The next steps, he says, would be to create scholarships and grants, at a minimum. There is only so much that education can do, but in order to truly reconcile the past there needs to be material exchange: reparations and the return of land: “It’s the same thing with truth and reconciliation. It’s like ‘Okay so now I’ve spoken my truth, where’s the reconciliation?’ Because there isn’t any. Just letting us speak is not reconciliation. Reconciliation is a reckoning, it’s compensation.”
Future Goals
For Kade, his job as THPO is both to generate immediate benefits to his community in the form of infrastructure and housing projects, but also to use his platform to promote cultural understanding. Mapping is a tool that can help him do both, especially due to the accessibility of web-based GIS applications. He is engaging in decolonization of the map enabled by GIS technology combined with the knowledge of elders and historical research. GIS is a way to level the playing field and enable anyone to tell their own story with maps. The intersection of oral and written history with GIS technology is a tool Kade has been using to decolonize the map, and one that could easily be adopted by other tribal governments.
So, what is the end goal of the movement? How can the scholarly be connected to the practical? This is all too often the problem with movements that originate in academia and address real-world issues. The sharing of knowledge leads to power and cultural understanding. The process of mapping to engage with this history makes GIS decolonial. Grassroots mapping vs. positivist Euro-American cartography shows how GIS has leveled the playing field for making maps and geospatial data.

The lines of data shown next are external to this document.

-- ===== src/Commands/Status.antt =====
-- When a command reports success.
use baamhackl.Base.{◌≡◌, refl, false, Option, none, some, List, [], ◌∷◌, length, ltb, arith}
use baamhackl.FilePaths.{FilePath}
use baamhackl.Commands.{exit_success, execute_status, execute_move_into, run_main}

execute_status-success :
    {E : Type 0} (err : Option E) → execute_status err ≡ exit_success → err ≡ none
unfolding execute_status
execute_status-success none e = refl
execute_status-success (some x) e = absurd (cc)

module _ {W E : Type 0} where
  -- The program reports success of "move-into" only if the logger could be configured, there was at least
  -- one file to move, and moving the files returned no error; the world is then what that has left.
  pub run_main-move_into :
      {L : Type 0} (logger : Option L) (run : FilePath → List FilePath → W → W × Option E)
      (args : List FilePath) (w : W)
      → (run_main logger (execute_move_into run args) w).1 ≡ exit_success
      → (logger ≡ none)
        × ((dir : FilePath) × (source : FilePath) × (more : List FilePath) × (args
              ≡ dir ∷ source ∷ more)
            × ((run dir (source ∷ more) w).1 ≡ none)
            × ((run_main logger (execute_move_into run args) w).0 ≡ (run dir (source ∷ more) w).0))
  unfolding run_main execute_move_into
  run_main-move_into (some x) run args w e = absurd (cc)
  run_main-move_into none run [] w e = absurd (cc)
  run_main-move_into none run (dir ∷ []) w e = absurd (cc)
  run_main-move_into none run (dir ∷ source ∷ more) w e =
      let many : ltb (length (dir ∷ source ∷ more)) 2 ≡ false = ground arith in
      (refl, (dir, source, more, refl, execute_status-success _ (rw many at e), rw many refl))
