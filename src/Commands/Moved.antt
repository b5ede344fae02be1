-- ===== src/Commands/Moved.antt =====
-- The program as a whole, for "move-into": its exit status tells whether the files have been moved.
use baamhackl.Base.{
  ℕ, ◌≡◌, ◌≤◌, ◌⊎◌, length, sym, subst, Bool, true, false, Option, none, List, [], ◌∷◌,
}
use baamhackl.FilePaths.{FilePath, same_name}
use baamhackl.Waryio.{IoError}
use baamhackl.UniqueName.{Runtime}
use baamhackl.UniqueName.Create.{Clock}
use baamhackl.MoveInto.{execute}
use baamhackl.MoveInto.Moved.{AreMoved, execute-AreMoved}
use baamhackl.Commands.{exit_success, execute_move_into, run_main}
use baamhackl.Commands.Status.{run_main-move_into}

-- Where the program ends with success for "move-into", it was given a directory and at least one file, and
-- only one if there is a preferred name. It has renamed the files one after the other, each to a name that
-- was generated for the directory joined with the preferred name, or with the base name of the file where
-- there is none, and where nothing existed. It takes that a rename without replacement replaces nothing.
pub run_main-AreMoved :
    {W L : Type 0} (rename_without_replace : W → FilePath → FilePath → W × Option IoError)
    (clock : W → Clock) (runtime : ℕ → Runtime) (fuel : ℕ) (exists : W → FilePath → Bool)
    (no_replace : (old : FilePath) (v v' : W) (q : FilePath)
      → rename_without_replace v old q ≡ (v', none)
      → exists v q ≡ false)
    (logger : Option L) (rename : FilePath) (args : List FilePath) (w : W)
    → (run_main logger
        (execute_move_into (execute rename_without_replace clock runtime fuel rename) args)
        w).1
      ≡ exit_success
    → (dir : FilePath) × (source : FilePath) × (more : List FilePath) × (args ≡ dir ∷ source ∷ more)
      × ((same_name rename [] ≡ true) ⊎ (length (source ∷ more) ≤ 1))
      × AreMoved rename_without_replace clock runtime fuel exists no_replace rename dir
          (source ∷ more)
          w
          (run_main logger
            (execute_move_into (execute rename_without_replace clock runtime fuel rename) args)
            w).0
run_main-AreMoved r clock runtime fuel exists no_replace logger rename args w e =
    let (no_error, (dir, source, more, given, moved, world)) =
      run_main-move_into logger (execute r clock runtime fuel rename) args w e in
    let (one, all) =
      execute-AreMoved r clock runtime fuel exists no_replace rename dir (source ∷ more) w moved in
    (
      dir,
      source,
      more,
      given,
      one,
      subst (AreMoved r clock runtime fuel exists no_replace rename dir (source ∷ more) w)
          (sym world) all,
    )
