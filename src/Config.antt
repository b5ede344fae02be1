-- ===== src/Config.antt =====
-- internal/config: the configuration of a handler, its defaults and the loading of a file. The YAML
-- library, with the validation that it calls, is a parameter.
use baamhackl.Base.{
  ℕ, Bool, true, false, Option, none, some, List, [], ◌∷◌, ◌⊎◌, inl, inr, if◌then◌else◌,
}
use baamhackl.Base.Int.{ℤ, pos}
use baamhackl.FilePaths.{FilePath, same_name}
use baamhackl.Waryio.{IoError, Result}

-- The configuration of a handler; the type `F` stands for floating point numbers.
pub record HandlerConfig (F : Type 0) : Type 0 where
  pub name : FilePath
  pub path : FilePath
  pub command : List FilePath
  pub timeout : ℤ
  pub recursive : Bool
  pub include_hidden : Bool
  pub min_size_bytes : ℕ
  pub max_size_bytes : ℕ
  pub settle_duration : ℤ
  pub retry_count : ℤ
  pub retry_delay_initial : ℤ
  pub retry_delay_factor : F
  pub retry_delay_max : ℤ
  pub journal_dir : FilePath
  pub journal_retention : ℤ
  pub success_dir : FilePath
  pub failure_dir : FilePath

abbrev pub second : ℤ
second = pos 1000000000

abbrev pub hour : ℤ
hour = pos 3600000000000

-- HandlerDefaults, for the floating point number 1.5; "_/journal", "_/success" and "_/failure" are the
-- directories.
unfoldable pub handler_defaults : {F : Type 0} → F → HandlerConfig F
handler_defaults factor = record {
  name = [];
  path = [];
  command = [];
  timeout = hour;
  recursive = false;
  include_hidden = false;
  min_size_bytes = 0;
  max_size_bytes = 0;
  settle_duration = second;
  retry_count = pos 2;
  retry_delay_initial = pos 900000000000;
  retry_delay_factor = factor;
  retry_delay_max = hour;
  journal_dir = 95 ∷ 47 ∷ 106 ∷ 111 ∷ 117 ∷ 114 ∷ 110 ∷ 97 ∷ 108 ∷ [];
  journal_retention = pos 604800000000000;
  success_dir = 95 ∷ 47 ∷ 115 ∷ 117 ∷ 99 ∷ 99 ∷ 101 ∷ 115 ∷ 115 ∷ [];
  failure_dir = 95 ∷ 47 ∷ 102 ∷ 97 ∷ 105 ∷ 108 ∷ 117 ∷ 114 ∷ 101 ∷ [];
}

-- The errors of the loading: the end of the input, any other of the decoder, ErrMultipleFragments,
-- ErrMissingFile, and those of opening the file.
pub data LoadError : Type 0 where
  end_of_input : LoadError
  invalid : ℕ → LoadError
  multiple_fragments : LoadError
  missing_file : LoadError
  unreadable : IoError → LoadError

-- Whether an error is io.EOF.
unfoldable pub is_end : Option LoadError → Bool
is_end (some end_of_input) = true
is_end e = false

-- A decoder over a state, which reads one document after the other. It is given the value to fill in.
pub record Decoder (D V : Type 0) : Type 0 where
  pub decode : D → V → D × V × Option LoadError
  pub skip : D → D × Option LoadError

-- The second half of validatedUnmarshal: nothing may follow.
unfoldable pub expect_end : {D V : Type 0} → Decoder D V → D → V → LoadError ⊎ V
expect_end dec d v =
    let (d', err) = dec.skip d in if is_end err then inr v else inl multiple_fragments

-- validatedUnmarshal
unfoldable pub validated_unmarshal : {D V : Type 0} → Decoder D V → D → V → LoadError ⊎ V
validated_unmarshal dec d v =
    let (d', v', err) = dec.decode d v in
    let rest = expect_end dec d' v' in
    elim err [ none ↦ rest | some e ↦ if is_end (some e) then rest else inl e ]

-- Load, with read and Unmarshal, which starts at an empty list of handlers.
unfoldable pub load :
    {D H : Type 0} → (FilePath → Result D) → Decoder D (List H) → FilePath → LoadError ⊎ List H
load open_file dec path =
    if same_name path []
    then inl missing_file
    else elim (open_file path) [ inl e ↦ inl (unreadable e) | inr d ↦ validated_unmarshal dec d [] ]
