-- ===== src/Handler.antt =====
-- A changed file on its way through its handler: the delays between attempts
-- (internal/handlerretrystrategy), an attempt (internal/handlerattempt), and the task that makes the
-- attempts (internal/handlertask, with the log of internal/teelog).
pub mod Teelog
pub mod Retry
pub mod Attempt
pub mod Task
mod Tests
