-- ===== src/Tsm/Index/Blocks.antt =====
-- `readEntry` and `ReadKey` of internal/tsm/reader.go on entries that lie within the file.
use tsm2arc.Prelude.{
  ℕ, ◌+◌, ◌^◌, ◌≤◌, ◌<◌, ◌++◌, false, ◌||◌, Option, ltb, length, length-append, take-length-append,
  drop-length-append, Bytes, ◌≡◌, refl, ap, arith,
}
use tsm2arc.Prelude.Int64.{pos, int64, uint64, add64, ltb_ℤ}
use tsm2arc.Tsm.{IndexEntry, ok}
use tsm2arc.Tsm.Block.{decode_block}
use tsm2arc.Tsm.Index.{File, Reader, read_at, read_entry}

-- The entry points at the bytes `s` of the file, which is below 2 ^ 63 bytes and still as long as
-- the index says.
pub record PointsAt (r : Reader) (e : IndexEntry) (s : Bytes) : Type 0 where
  pub before : Bytes
  pub after : Bytes
  pub contents : r.f.bytes ≡ before ++ (s ++ after)
  pub at_offset : e.offset ≡ pos (length before)
  pub of_size : e.size ≡ length s
  pub same_size : r.ix.size ≡ length r.f.bytes
  pub addressable : length r.f.bytes < 2 ^ 63

add64_small : (m n : ℕ) → m + n < 2 ^ 63 → add64 (pos m) (pos n) ≡ pos (m + n)
unfolding add64 int64 uint64
add64_small m n h = ground arith

read_at_inside :
    (f : File) (before s after : Bytes)
    → f.bytes ≡ before ++ (s ++ after)
    → read_at f (length s) (length before) ≡ ok s
unfolding read_at
read_at_inside f before s after h =
    let l = length-append before (s ++ after) in
    let m = length-append s after in
    let whole : ltb (length (before ++ (s ++ after))) (length before + length s) ≡ false =
      ground arith in
    rw (h, whole, drop-length-append before (s ++ after), take-length-append s after) refl

within_file :
    (m n size : ℕ)
    → m + n ≤ size
    → size < 2 ^ 63
    → (ltb_ℤ (pos m) (pos 0) || ltb_ℤ (pos size) (add64 (pos m) (pos n))) ≡ false
within_file m n size h k = rw (add64_small m n (omega arith)) (ground arith)

-- An entry within the file is read to exactly the bytes that it points at, decoded as one block.
read_entry_inside :
    (snappy : Bytes → Option Bytes) (r : Reader) (type : ℕ) (e : IndexEntry) (s : Bytes)
    → PointsAt r e s
    → read_entry snappy r type e ≡ decode_block snappy type s
unfolding read_entry
read_entry_inside snappy r type e s p =
    let n = length-append p.before (s ++ p.after) in
    let m = length-append s p.after in
    let total = ap (λ (b : Bytes). length b) p.contents in
    let free =
      within_file (length p.before) (length s) r.ix.size (omega (arith, p.same_size))
        (omega (arith, p.same_size, p.addressable)) in
    rw (p.at_offset, p.of_size, free, read_at_inside r.f p.before s p.after p.contents) refl
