-- ===== src/Tsm/Index/Found.antt =====
-- `search` of internal/tsm/reader.go on the keys of an index that `parseIndex` sorted.
use tsm2arc.Prelude.{
  ◌+◌, ◌-◌, ◌||◌, ltb, ◌==◌, not, length, take, drop, List, [], ◌∷◌, true, false, Option, none,
  some, if◌then◌else◌, Bytes, ◌≡◌, refl, arith, All, Option-cases, Bool-cases, inl, inr, ◌⊎◌,
}
use tsm2arc.Prelude.Int64.{ℤ, pos, negsuc, int64}
use tsm2arc.Prelude.Strings.{
  str_eq, str_lt, str_eq_iff, str_lt_irrefl, str_lt_trans, str_lt_asymm, str_lt_connex,
}
use tsm2arc.Tsm.Binary.{big_endian}
use tsm2arc.Tsm.{
  KeyBlocks, Result, ok, err, crash, stuck, ◌>>=◌, fail_if, magic, version, header_size,
  footer_size, bad_block, bad_magic, bad_version,
}
use tsm2arc.Tsm.Index.{
  File, Index, insert_key, sort_keys, make_index, parse_region, parse_index, search, read_at,
  parse_keys,
}

-- No key of the list is below `key`.
abbrev NoneBelow : Bytes → List KeyBlocks → Type 0
NoneBelow key ks = All (λ (k : KeyBlocks). str_lt k.key key ≡ false) ks

-- The keys ascend.
abbrev pub IsSorted : List KeyBlocks → Type 0
IsSorted [] = Unit {0}
IsSorted (k ∷ ks) = NoneBelow k.key ks × IsSorted ks

-- `a ≤ b ≤ c`.
not_below_trans : (a b c : Bytes) → str_lt b a ≡ false → str_lt c b ≡ false → str_lt c a ≡ false
not_below_trans a b c h k = ground (arith, str_lt_trans c a b, str_lt_connex a b)

NoneBelow-trans :
    (a b : Bytes) (ks : List KeyBlocks) → str_lt b a ≡ false → NoneBelow b ks → NoneBelow a ks
NoneBelow-trans a b [] h n = tt
NoneBelow-trans a b (k ∷ ks) h (n, ns) =
    (not_below_trans a b k.key h n, NoneBelow-trans a b ks h ns)

insert_key-NoneBelow :
    (key : Bytes) (kb : KeyBlocks) (ks : List KeyBlocks)
    → str_lt kb.key key ≡ false
    → NoneBelow key ks
    → NoneBelow key (insert_key kb ks)
unfolding insert_key
insert_key-NoneBelow key kb [] h n = (h, tt)
insert_key-NoneBelow key kb (k ∷ ks) h (n, ns) = elim (Bool-cases (str_lt k.key kb.key)) [
  | inl e ↦ rw (e, insert_key) (n, insert_key-NoneBelow key kb ks h ns)
  | inr e ↦ rw (e, insert_key) (h, (n, ns))
]

insert_key-IsSorted :
    (kb : KeyBlocks) (ks : List KeyBlocks) → IsSorted ks → IsSorted (insert_key kb ks)
unfolding insert_key
insert_key-IsSorted kb [] h = (tt, tt)
insert_key-IsSorted kb (k ∷ ks) (n, h) = elim (Bool-cases (str_lt k.key kb.key)) [
  | inl e ↦
      rw (e, insert_key)
        (
          insert_key-NoneBelow k.key kb ks (str_lt_asymm k.key kb.key e) n,
          insert_key-IsSorted kb ks h,
        )
  | inr e ↦ rw (e, insert_key) ((e, NoneBelow-trans kb.key k.key ks e n), (n, h))
]

pub sort_keys-IsSorted : (ks : List KeyBlocks) → IsSorted (sort_keys ks)
unfolding sort_keys
sort_keys-IsSorted [] = tt
sort_keys-IsSorted (k ∷ ks) = insert_key-IsSorted k (sort_keys ks) (sort_keys-IsSorted ks)

above_ne :
    (key b : Bytes) (ks : List KeyBlocks)
    → str_lt key b ≡ true
    → NoneBelow b ks
    → All (λ (k : KeyBlocks). str_eq k.key key ≡ false) ks
above_ne key b [] h n = tt
above_ne key b (k ∷ ks) h (n, ns) = (ground (arith, str_eq_iff k.key key), above_ne key b ks h ns)

first_ne :
    (key j : Bytes) (more : Option KeyBlocks) (k : KeyBlocks)
    → (if str_lt j key then more else if str_eq j key then some k else none) ≡ none
    → (str_eq j key ≡ false) × (((str_lt j key ≡ true) × (more ≡ none)) ⊎ (str_lt key j ≡ true))
first_ne key j more k h = ground (arith, str_eq_iff j key, str_lt_irrefl j, str_lt_connex j key)

-- What a search that finds nothing means on sorted keys.
search-none :
    (key : Bytes) (ks : List KeyBlocks)
    → IsSorted ks
    → search key ks ≡ none
    → All (λ (k : KeyBlocks). str_eq k.key key ≡ false) ks
unfolding search
search-none key [] h e = tt
search-none key (k ∷ ks) (n, h) e =
    let (ne, rest) = first_ne key k.key (search key ks) k e in
    elim rest [
      | inl (below, more) ↦ (ne, search-none key ks h more)
      | inr above ↦ (ne, above_ne key k.key ks above n)
    ]

search_sound :
    (key : Bytes) (ks : List KeyBlocks) (kb : KeyBlocks) → search key ks ≡ some kb → kb.key ≡ key
unfolding search
search_sound key [] kb e = cc
search_sound key (k ∷ ks) kb e = ground (arith, str_eq_iff k.key key, search_sound key ks kb)

-- Inversion of a successful bind.
>>=-eq-ok :
    {A B : Type 0} (r : Result A) (f : A → Result B) {b : B}
    → (r >>= f) ≡ ok b
    → (a : A) × (r ≡ ok a) × (f a ≡ ok b)
>>=-eq-ok (ok a) f h = (a, refl, h)
>>=-eq-ok (err e) f h = cc
>>=-eq-ok crash f h = cc
>>=-eq-ok stuck f h = cc

ok_inj : {A : Type 0} {a b : A} → Path (Result A) (ok a) (ok b) → a ≡ b
ok_inj h = cc

parse_region-IsSorted :
    (f : File) (o : ℤ) (ix : Index) → parse_region f o ≡ ok ix → IsSorted ix.keys
unfolding parse_region make_index
parse_region-IsSorted f (negsuc n) ix h = cc
parse_region-IsSorted f (pos o) ix h =
    let index_len = length f.bytes - footer_size - o in
    let (u, e, h1) =
      >>=-eq-ok (fail_if (ltb o header_size || ltb (length f.bytes - footer_size) o) bad_block) _
        h in
    let (idx, e1, h2) = >>=-eq-ok (read_at f index_len o) _ h1 in
    let (kbs, e2, h3) = >>=-eq-ok (parse_keys (length idx) idx) _ h2 in
    rw (← ok_inj h3) (sort_keys-IsSorted kbs)

parse_index-IsSorted : (f : File) (ix : Index) → parse_index f ≡ ok ix → IsSorted ix.keys
unfolding parse_index
parse_index-IsSorted f ix h =
    let (u, e, h1) =
      >>=-eq-ok (fail_if (ltb (length f.bytes) (header_size + footer_size)) bad_block) _ h in
    let (hdr, e1, h2) = >>=-eq-ok (read_at f header_size 0) _ h1 in
    let (v, e2, h3) = >>=-eq-ok (fail_if (not (big_endian (take 4 hdr) == magic)) bad_magic) _ h2 in
    let (w, e3, h4) =
      >>=-eq-ok (fail_if (not (big_endian (take 1 (drop 4 hdr)) == version)) bad_version) _ h3 in
    let (foot, e4, h5) = >>=-eq-ok (read_at f footer_size (length f.bytes - footer_size)) _ h4 in
    parse_region-IsSorted f (int64 (big_endian foot)) ix h5

search_either :
    (key : Bytes) (ks : List KeyBlocks)
    → IsSorted ks
    → ((kb : KeyBlocks) × (search key ks ≡ some kb) × (kb.key ≡ key))
      ⊎ ((search key ks ≡ none) × All (λ (k : KeyBlocks). str_eq k.key key ≡ false) ks)
search_either key ks h = elim (Option-cases (search key ks)) [
  | inl e ↦ inr (e, search-none key ks h e)
  | inr (kb, e) ↦ inl (kb, e, search_sound key ks kb e)
]

-- On the index of any file that is parsed, a search finds blocks under exactly the key that it
-- looks for, or finds nothing, and then no key of the index is that key.
pub search-parse_index :
    (f : File) (ix : Index) (key : Bytes)
    → parse_index f ≡ ok ix
    → ((kb : KeyBlocks) × (search key ix.keys ≡ some kb) × (kb.key ≡ key))
      ⊎ ((search key ix.keys ≡ none) × All (λ (k : KeyBlocks). str_eq k.key key ≡ false) ix.keys)
search-parse_index f ix key h = search_either key ix.keys (parse_index-IsSorted f ix h)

Kade told me an interesting story form when he was THPO and director of natural resources at Turtle Mountain that illustrates this divide perfectly:
“There's a housing project at Turtle Mountain which was built by HUD and the BIA in the 80s. Those were problematic from the start because they didn’t care about aesthetics or saving money or location. They ended up building it on an intermittent stream that they had bulldozed and filled. A decade or two later they had to move it because black mold was growing in folks houses. At that point the tribe was able to contract for a new location for the housing themselves. What we gained from that was knowledge about these streams and the land, and in return we have a much nicer housing project built around these water features that gives folks green space as well as keeping their houses dry. The advantage of contracting at the tribal government level is that it’s more relevant to the people it’s affecting. Rather than the government coming in from the top-down to just do whatever they want, we are engaging the community to decide what's best for themselves. That's why it's successful."